Constant Exponent

Typically equations involving both $x$ and $e^x$ don't have analytical solutions (ie solutions in terms of elementary functions). Wolfram|Alpha gives the answer in terms of the Lambert W function, although this is more or less the definition of that function, so it's a bit of a tautology.

The Newton-Raphson approach used in the discussion clearly works well - I wonder if it leads to any interesting fractal structure?

An alternative computational method is to simply iterate the function. Doing this in the original form blows up rapidly - but note that we also have $z=\log z$ . We're taking the principal value of the logarithm in order to find a solution in the specified part of the complex plane.

This is most easily iterated by writing $z=Re^{i \theta}$ . Then $\log z=\log R + i \theta$ (this is a naive approach to the complex logarithm but is good enough here).
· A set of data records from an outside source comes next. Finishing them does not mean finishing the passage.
-- ===== src/Protocols/Responses/Rules.antt =====
-- Contracts of what src/mr_hide/protocols/responses/json_body.py is made of. Its exceptions can be any,
-- since a type that is a list or a dictionary raises `TypeError`.
use mr_hide.Protocols.Walk.{Walk, ◌>>=◌, lift, pure, raise, each}
use mr_hide.Prelude.{Text, ◌≡◌, refl, ap, ◌∙◌, Bool, true}
use mr_hide.Errors.{Reason, Error, responses, Result, err, ok}
use mr_hide.Errors.Raises.{Ends, any_error, Ends-of_ok, Ends-map}
use mr_hide.Json.{Json, Items, nil, cons, Fields}
use mr_hide.Policy.{ContentKind}
use mr_hide.Protocols.Documents.{BodyLibrary}
use mr_hide.Protocols.Contract.{
  EveryItem, Meets, >>=-Meets, pure-Meets, raise-Meets, lift-Meets, Callback,
}
use mr_hide.Protocols.Tree.{call_transform}
use mr_hide.Protocols.Released.{TreeReleased, call_transform-Meets, transform_tree-Meets}
use mr_hide.Protocols.Strings.{IsPut, IsOptional, required_string-Meets, optional_string-Meets}
use mr_hide.Protocols.Responses.Items.{is_responses, dialect, required, optional, recursive}

known-own : (r : Reason) → is_responses (responses r) ≡ true
known-own r = refl

pub typed-kept : (f : Json → Bool) {b : Bool} {v w : Json} → v ≡ w → f w ≡ b → f v ≡ b
typed-kept f same h = ap f same ∙ h

module _ {S : Type 0} (c : Callback S) where
  abbrev pub Done : {A : Type 0} → (A → Type 0) → Walk S A → Type 0
  Done Q w = Meets c.course any_error Q w

  pub bind :
      {A B : Type 0} (Q : A → Type 0) (R : B → Type 0) (first : Walk S A) (next : A → Walk S B)
      → Done Q first
      → ((a : A) → Q a → Done R (next a))
      → Done R (first >>= next)
  bind Q R first next h k = >>=-Meets c.course any_error c.steps Q R first next h k

  pub weaken :
      {A : Type 0} (Q R : A → Type 0) (w : Walk S A) → ((a : A) → Q a → R a) → Done Q w → Done R w
  weaken Q R w f h s r = ((h s r).0, Ends-map any_error Q R (w s).1 f (h s r).1)

  pub give : {A : Type 0} (Q : A → Type 0) (a : A) → Q a → Done Q (pure a)
  give Q a h = pure-Meets c.course any_error c.steps Q a h

  pub refuse : {A : Type 0} (Q : A → Type 0) (e : Error) → Done Q (raise e)
  refuse Q e = raise-Meets c.course any_error c.steps Q e refl

  pub fetch : {A : Type 0} (r : Result A) → Done (λ a. r ≡ ok a) (lift r)
  fetch r =
      lift-Meets c.course any_error c.steps (λ a. r ≡ ok a) r
        (Ends-of_ok (λ a. r ≡ ok a) r (λ a same. same))

  any_of_own :
      {A : Type 0} (Q : A → Type 0) (r : Result A) → Ends is_responses Q r → Ends any_error Q r
  any_of_own Q (ok a) h = h
  any_of_own Q (err e) h = refl

  loosen : {A : Type 0} (Q : A → Type 0) (w : Walk S A) → Meets c.course is_responses Q w → Done Q w
  loosen Q w h s r = ((h s r).0, any_of_own Q (w s).1 (h s r).1)

  pub required-Meets :
      (l : BodyLibrary) (key : Text) (kind : ContentKind) (fs : Fields)
      → Done (IsPut c.Good key kind fs) (required l c.transform key kind fs)
  required-Meets l key kind fs =
      loosen (IsPut c.Good key kind fs) (required l c.transform key kind fs) (
        required_string-Meets c.course c.steps dialect known-own c.Good c.transform c.released key
          kind fs)

  pub optional-Meets :
      (l : BodyLibrary) (key : Text) (kind : ContentKind) (fs : Fields)
      → Done (IsOptional c.Good key kind fs) (optional l c.transform key kind fs)
  optional-Meets l key kind fs =
      loosen (IsOptional c.Good key kind fs) (optional l c.transform key kind fs) (
        optional_string-Meets c.course c.steps dialect known-own c.Good c.transform c.released key
          kind fs)

  pub call-Meets :
      (t : Text) (kind : ContentKind)
      → Done (c.Good kind) (call_transform dialect c.transform t kind)
  call-Meets t kind =
      loosen (c.Good kind) (call_transform dialect c.transform t kind) (
        call_transform-Meets c.course c.steps dialect known-own c.Good c.transform c.released t
          kind)

  pub tree-Meets :
      (l : BodyLibrary) (keys : Bool) (kind : ContentKind) (v : Json)
      → Done (TreeReleased c.Good keys kind) (recursive l c.transform keys kind v)
  tree-Meets l keys kind v =
      loosen (TreeReleased c.Good keys kind) (recursive l c.transform keys kind v) (
        transform_tree-Meets c.course c.steps dialect known-own c.Good c.transform c.released keys
          kind v)

  -- A loop whose body takes every item.
  pub loop :
      (Q : Json → Type 0) (body : Json → Walk S Json) (vs : Items)
      → ((v : Json) → Done Q (body v))
      → Done (EveryItem Q) (each body vs)
  unfolding each
  loop Q body nil h = give (EveryItem Q) nil tt
  loop Q body (cons v vs) h = bind Q (EveryItem Q) (body v) _ (h v) (λ w good.
      bind (EveryItem Q) (EveryItem Q) (each body vs) _ (loop Q body vs h)
        (λ ws rest. give (EveryItem Q) (cons w ws) (good, rest)))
This gives as a map

$R \rightarrow \sqrt{(\log R)^2+\theta^2}$

and

$\theta \rightarrow \arctan {\frac{\theta}{\log R}}$

Again, a bit of care needs to be taken with the $\arctan$ function when implementing this, but with a reasonable initial estimate it converges quickly.

Incidentally, if you replace the above with $\theta \rightarrow \arctan {\frac{\theta}{\log R}}+2k\pi$ for integer $k$ , you can converge to different roots outside the range you specified (one example is at around $z=2.06227773+7.588631178i$ ).